Apollo 276, as ccarlisle said, you climate is Zone 4 or 5, http://publicecodes.citation.com/icod/irc/2009/icod_irc_2009_11_sec001_par001.htm which requires basement insulation (rigid or continuous) of R-10, actually Zones 4-8 all only require R-10: http://publicecodes.citation.com/icod/irc/2009/icod_irc_2009_11_sec002.htm
Here is a study of colder climates than your 6200 heating degree days, with Minn. at 8500 HDD: http://www.buildingfoundation.umn.edu/FinalReportWWW/Chapter-5/5-optimum-main.htm
Follow the back links for an interesting study.

Gary


----------



## Perry525 (Jan 10, 2010)

ccarlisle said:


> Hmmmm; we may be speaking at cross-purposes...
> 
> s going...to say nothing of 'basements' in general....


===================================
It does appear we are.
My point is how to avoid condensation on a potentially cold cellar wall.
Insulation is a different matter.
It can be said that in some southern areas one inch thick polystyrene will do the trick as the difference in temperature on both sides will be small and Dew Point will not occur, however, we then have people who turn their air con down to silly levels.
As you can never tell who may live in a home in the future its best to be safe and over prescribe.


----------



## concretemasonry (Oct 10, 2006)

The temperature of the soil and concrete is possibly down to 55F in the winter and up to possibly 60F in the summer due to the thermal storage of Mother Nature. Not at all like being above grade where the are extremes.

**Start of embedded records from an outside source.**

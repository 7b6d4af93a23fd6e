-- ===== src/Table/FooterFile.antt =====
-- The footer file is read as it was written.
use postgres_vectorization_t.Metadata.Footers.{serialize_post_script, serialize_table_footer}
use postgres_vectorization_t.Metadata.Footers.RoundTrip.{
  IsTableFooter, deserialize-serialize_post_script, deserialize-serialize_table_footer,
}
use postgres_vectorization_t.Metadata.Messages.{Protobuf}
use postgres_vectorization_t.Prelude.{
  List, [], ap, append_assoc, arith, leb, length, length-append, le→leb, refl, sym, true, uint64, ℕ,
  ◌%◌, ◌++◌, ◌+◌, ◌-◌, ◌<◌, ◌^◌, ◌∙◌, ◌∷◌, ◌≡◌,
}
use postgres_vectorization_t.Report.{ok}
use postgres_vectorization_t.Stripe.Blocks.{read_from_file_lem}
use postgres_vectorization_t.Stripe.Load.{read_from_file}
use postgres_vectorization_t.Table.Finish.{footer_bytes}
use postgres_vectorization_t.Table.ReadFooter.{cstore_read_footer}
use postgres_vectorization_t.Types.{TableFooter}

module _ (protobuf : Protobuf) (f : TableFooter) where
  -- For a table footer that the reader accepts, with a postscript of less than 256 bytes and a
  -- footer of less than 2 ^ 32: what `CStoreReadFooter` makes of the footer file's content is the
  -- footer.
  pub cstore_read_footer-footer_bytes :
      IsTableFooter f
      → length (serialize_table_footer protobuf f) < 2 ^ 32
      → length (serialize_post_script protobuf (length (serialize_table_footer protobuf f))) < 256
      → cstore_read_footer protobuf (footer_bytes protobuf f) ≡ ok f
  unfolding cstore_read_footer
  cstore_read_footer-footer_bytes good short few =
      let packed = serialize_table_footer protobuf f in
      let script = serialize_post_script protobuf (length packed) in
      let size = length script % 256 in
      let file = footer_bytes protobuf f in
      let last : List ℕ = size ∷ [] in
      let exact : size ≡ length script = omega (arith, few) in
      let total : length file ≡ length packed + length script + 1 =
        omega (arith, length-append packed (script ++ last), length-append script last) in
      let nonempty : leb 1 (length file) ≡ true = le→leb _ _ (omega (arith, total)) in
      let at_size : read_from_file file (length file - 1) 1 ≡ ok last =
        ap (λ x. read_from_file x (length file - 1) 1) (sym (append_assoc packed script last))
        ∙ read_from_file_lem (packed ++ script) last [] (length file - 1) 1
            (omega (arith, total, length-append packed script)) refl (omega arith) in
      let enough : leb (size + 1) (length file) ≡ true = le→leb _ _ (omega (arith, total, exact)) in
      let place : length file - (1 + size) ≡ length packed = omega (arith, total, exact) in
      let at_script : read_from_file file (length file - (1 + size)) size ≡ ok script =
        read_from_file_lem packed script last (length file - (1 + size)) size place exact
          (omega (arith, few)) in
      let read_script =
        deserialize-serialize_post_script protobuf (length packed) (omega (arith, short)) in
      let inside : leb (uint64 (length packed + size + 1)) (length file) ≡ true =
        le→leb _ _ (omega (arith, total, exact, short, few)) in
      let start : uint64 (length file - (1 + size) + 2 ^ 64 - length packed) ≡ 0 =
        omega (arith, place) in
      let at_footer : read_from_file file
            (uint64 (length file - (1 + size) + 2 ^ 64 - length packed)) (length packed)
          ≡ ok packed =
        read_from_file_lem [] packed (script ++ last) _ (length packed) start refl short in
      simp nonempty (
        simp at_size (
          simp enough (
            simp at_script (
              simp read_script (
                simp inside
                  (simp at_footer (deserialize-serialize_table_footer protobuf f good)))))))
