-- ===== src/Table/Commit.antt =====
-- When no call of the operating system fails, the end of a load commits the footer.
use postgres_vectorization_t.Compression.External.{Libraries}
use postgres_vectorization_t.Metadata.Footers.{serialize_post_script, serialize_table_footer}
use postgres_vectorization_t.Metadata.Footers.RoundTrip.{IsTableFooter}
use postgres_vectorization_t.Metadata.Messages.{Protobuf}
use postgres_vectorization_t.Prelude.{
  Bytes, List, [], ap, append-nil, append_assoc, arith, false, inl, inr, length, none, refl, some,
  suc, sym, ◌%◌, ◌++◌, ◌<◌, ◌==◌, ◌^◌, ◌∙◌, ◌∷◌, ◌≡◌,
}
use postgres_vectorization_t.Report.{
  Error, could_not_close, could_not_flush, could_not_open, could_not_sync, file_error, ok,
}
use postgres_vectorization_t.Table.Ends.{After, After-cases, Ends, bind-Ends}
use postgres_vectorization_t.Table.Finish.{footer_bytes}
use postgres_vectorization_t.Table.FooterFile.{cstore_read_footer-footer_bytes}
use postgres_vectorization_t.Table.Io.{
  Io, Outcome, World, call, call_succeeds, fwrite, outcome_of, put, report_failure,
  sync_and_close_file, temp_footer_handle, then_io, write_to_file, ◌>>◌,
}
use postgres_vectorization_t.Table.ReadFooter.{cstore_read_footer}
use postgres_vectorization_t.Table.Write.{
  TableWriteState, cstore_end_write, rename_footer, rename_result,
}
use postgres_vectorization_t.Table.WriteFooter.{cstore_write_footer, empty_temp_footer}
use postgres_vectorization_t.Tupmacs.{Tupmacs}
use postgres_vectorization_t.Types.{TableFooter}

-- No call to come fails, and the table file and the temporary footer file have these bytes.
pub record IsQuiet (table x : Bytes) (w : World) : Type 0 where
  pub no_failure : w.outcomes ≡ []
  pub table_same : w.table_file ≡ table
  pub temp_same : w.temp_footer_file ≡ x

abbrev pub Never : World → Type 0
Never w = ⊥

pub quiet_outcome :
    {A : Type 0} (Q : A → World → Type 0) (next : Outcome → Io A) (os : List Outcome) (w : World)
    → os ≡ []
    → After Q Never (next call_succeeds w)
    → After Q Never (then_io (outcome_of os w) next)
quiet_outcome Q next [] w e h = h
quiet_outcome Q next (o ∷ os) w e h = cc

module _ (table : Bytes) where
  IsQuiet-call :
      (x : Bytes) (e : Error) → Ends (IsQuiet table x) (λ _. IsQuiet table x) Never (call e)
  IsQuiet-call x e = record {
    after =
        λ w h. quiet_outcome (λ _. IsQuiet table x) (report_failure e) w.outcomes w h.no_failure h;
  }

  IsQuiet-write :
      (x b : Bytes)
      → Ends
          (IsQuiet table x)
          (λ _. IsQuiet table (x ++ b))
          Never
          (write_to_file temp_footer_handle b)
  unfolding write_to_file
  IsQuiet-write x [] = record {
    after = λ w h. record {
      no_failure = h.no_failure;
      table_same = h.table_same;
      temp_same = h.temp_same ∙ sym (append-nil x);
    };
  }
  IsQuiet-write x (c ∷ b) =
      let nonempty : (suc (length b) == 0) ≡ false = ground arith in
      rw nonempty (record {
        after = λ w h.
            quiet_outcome (λ _. IsQuiet table (x ++ (c ∷ b)))
              (λ o. fwrite temp_footer_handle (c ∷ b) o >> call file_error) w.outcomes w
              h.no_failure
              ((IsQuiet-call (x ++ (c ∷ b)) file_error).after (put temp_footer_handle (c ∷ b) w)
                (record {
                  no_failure = h.no_failure;
                  table_same = h.table_same;
                  temp_same = ap (λ y. y ++ (c ∷ b)) h.temp_same;
                }));
      })

  IsQuiet-close :
      (x : Bytes) → Ends (IsQuiet table x) (λ _. IsQuiet table x) Never sync_and_close_file
  unfolding sync_and_close_file
  IsQuiet-close x = bind-Ends (call could_not_flush) _ (IsQuiet-call x could_not_flush) (λ _.
      bind-Ends (call could_not_sync) _ (IsQuiet-call x could_not_sync) (λ _.
        bind-Ends (call file_error) _ (IsQuiet-call x file_error)
          (λ _. IsQuiet-call x could_not_close)))

  module _ (protobuf : Protobuf) where
    IsQuiet-footer :
        (f : TableFooter) (x : Bytes)
        → Ends
            (IsQuiet table x)
            (λ _. IsQuiet table (footer_bytes protobuf f))
            Never
            (cstore_write_footer protobuf f)
    unfolding cstore_write_footer
    IsQuiet-footer f x =
        let packed = serialize_table_footer protobuf f in
        let script = serialize_post_script protobuf (length packed) in
        let size = length script % 256 ∷ [] in
        bind-Ends (call could_not_open) _ (IsQuiet-call x could_not_open) (λ _.
          bind-Ends {Q = λ _. IsQuiet table []} empty_temp_footer _
            (record {
              after = λ w h. record {
                no_failure = h.no_failure;
                table_same = h.table_same;
                temp_same = refl;
              };
            })
            (λ _.
              bind-Ends (write_to_file temp_footer_handle packed) _ (IsQuiet-write [] packed) (λ _.
                bind-Ends (write_to_file temp_footer_handle script) _ (IsQuiet-write packed script)
                  (λ _.
                    bind-Ends (write_to_file temp_footer_handle size) _
                      (IsQuiet-write (packed ++ script) size)
                      (λ _. record {
                        after = λ w h. (IsQuiet-close (footer_bytes protobuf f)).after w (record {
                          no_failure = h.no_failure;
                          table_same = h.table_same;
                          temp_same = h.temp_same ∙ append_assoc packed script size;
                        });
                      })))))

    -- The footer file has these bytes.
    pub record HasFooter (b : Bytes) (w : World) : Type 0 where
      pub table_same : w.table_file ≡ table
      pub footer_same : w.footer_file ≡ some b

    IsQuiet-rename : (x : Bytes) → Ends (IsQuiet table x) (λ _. HasFooter x) Never rename_footer
    IsQuiet-rename x = record {
      after = λ w h.
          quiet_outcome (λ _. HasFooter x) rename_result w.outcomes w h.no_failure
            (record { table_same = h.table_same; footer_same = ap some h.temp_same });
    }

    IsQuiet-end :
        (T : Tupmacs) (L : Libraries) (state : TableWriteState T) (x : Bytes)
        → state.stripe_data ≡ none
        → Ends
            (IsQuiet table x)
            (λ _. HasFooter (footer_bytes protobuf state.table_footer))
            Never
            (cstore_end_write T protobuf L state)
    unfolding cstore_end_write
    IsQuiet-end T L state x flushed = rw flushed (
        bind-Ends sync_and_close_file _ (IsQuiet-close x) (λ _.
          bind-Ends (cstore_write_footer protobuf state.table_footer) _
            (IsQuiet-footer state.table_footer x)
            (λ _. IsQuiet-rename (footer_bytes protobuf state.table_footer))))

    -- When no call of the operating system fails, and no stripe is left in memory: for a footer
    -- that the reader accepts, shorter than 2 ^ 32 bytes with a postscript shorter than 256, the
    -- load ends with a value, the table file is as it was, and `CStoreReadFooter` finds the
    -- footer of the load in the footer file.
    pub cstore_end_write_commits :
        (T : Tupmacs) (L : Libraries) (state : TableWriteState T) (w : World)
        → w.outcomes ≡ []
        → w.table_file ≡ table
        → state.stripe_data ≡ none
        → IsTableFooter state.table_footer
        → length (serialize_table_footer protobuf state.table_footer) < 2 ^ 32
        → length (
            serialize_post_script protobuf
              (length (serialize_table_footer protobuf state.table_footer)))
          < 256
        → (after : World) × (b : Bytes) × (cstore_end_write T protobuf L state w ≡ (ok tt, after))
          × (after.table_file ≡ table)
          × (after.footer_file ≡ some b)
          × (cstore_read_footer protobuf b ≡ ok state.table_footer)
    cstore_end_write_commits T L state w quiet same flushed good short few =
        let b = footer_bytes protobuf state.table_footer in
        let run = cstore_end_write T protobuf L state in
        let ends =
          (IsQuiet-end T L state w.temp_footer_file flushed).after w
            (record { no_failure = quiet; table_same = same; temp_same = refl }) in
        elim (After-cases (λ _. HasFooter b) Never (run w) ends) [
          | inl (t, ended, has) ↦ (
            (run w).1,
            b,
            ap (λ r. (r, (run w).1)) ended,
            has.table_same,
            has.footer_same,
            cstore_read_footer-footer_bytes protobuf state.table_footer good short few,
          )
          | inr (e, ended, bad) ↦ absurd bad
        ]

It does not take that much insulation to eliminate condensation. Since it will be conditioned, just make sure you have good air circulation and cold air returns near the floor to get the benefits of the soil to help out the AC.

Dick


----------



## Perry525 (Jan 10, 2010)

concretemasonry said:


> The temperature of the soil and concrete is possibly down to 55F in the winter and up to possibly 60F in the summer due to the thermal storage of Mother Nature. Not at all like being above grade where the are extremes.
> 
> It does not take that much insulation to eliminate condensation. Since it will be conditioned, just make sure you have good air circulation and cold air returns near the floor to get the benefits of the soil to help out the AC.
> 
> Dick


===========================
I agree that the temperature a few feet below the surface is around the 50f mark for most of the year.(In a lot of moderate places)

And therefore, the internal wall temperature will be about the same, (if the room is not heated.)

Adding heat to the room does raise the walls surface temperature and will often keep the surface dry. (of condensation)

Covering the walls will automatically lower their temperature to that outside.(and outside can be below freezing)

Heating a room to 70f and living in a room adds water vapor from breathing and sweating and possibly from cooking, washing, food, drinks, plants, fish tanks.

The normal humidity in a room will range about the 45-70% mark.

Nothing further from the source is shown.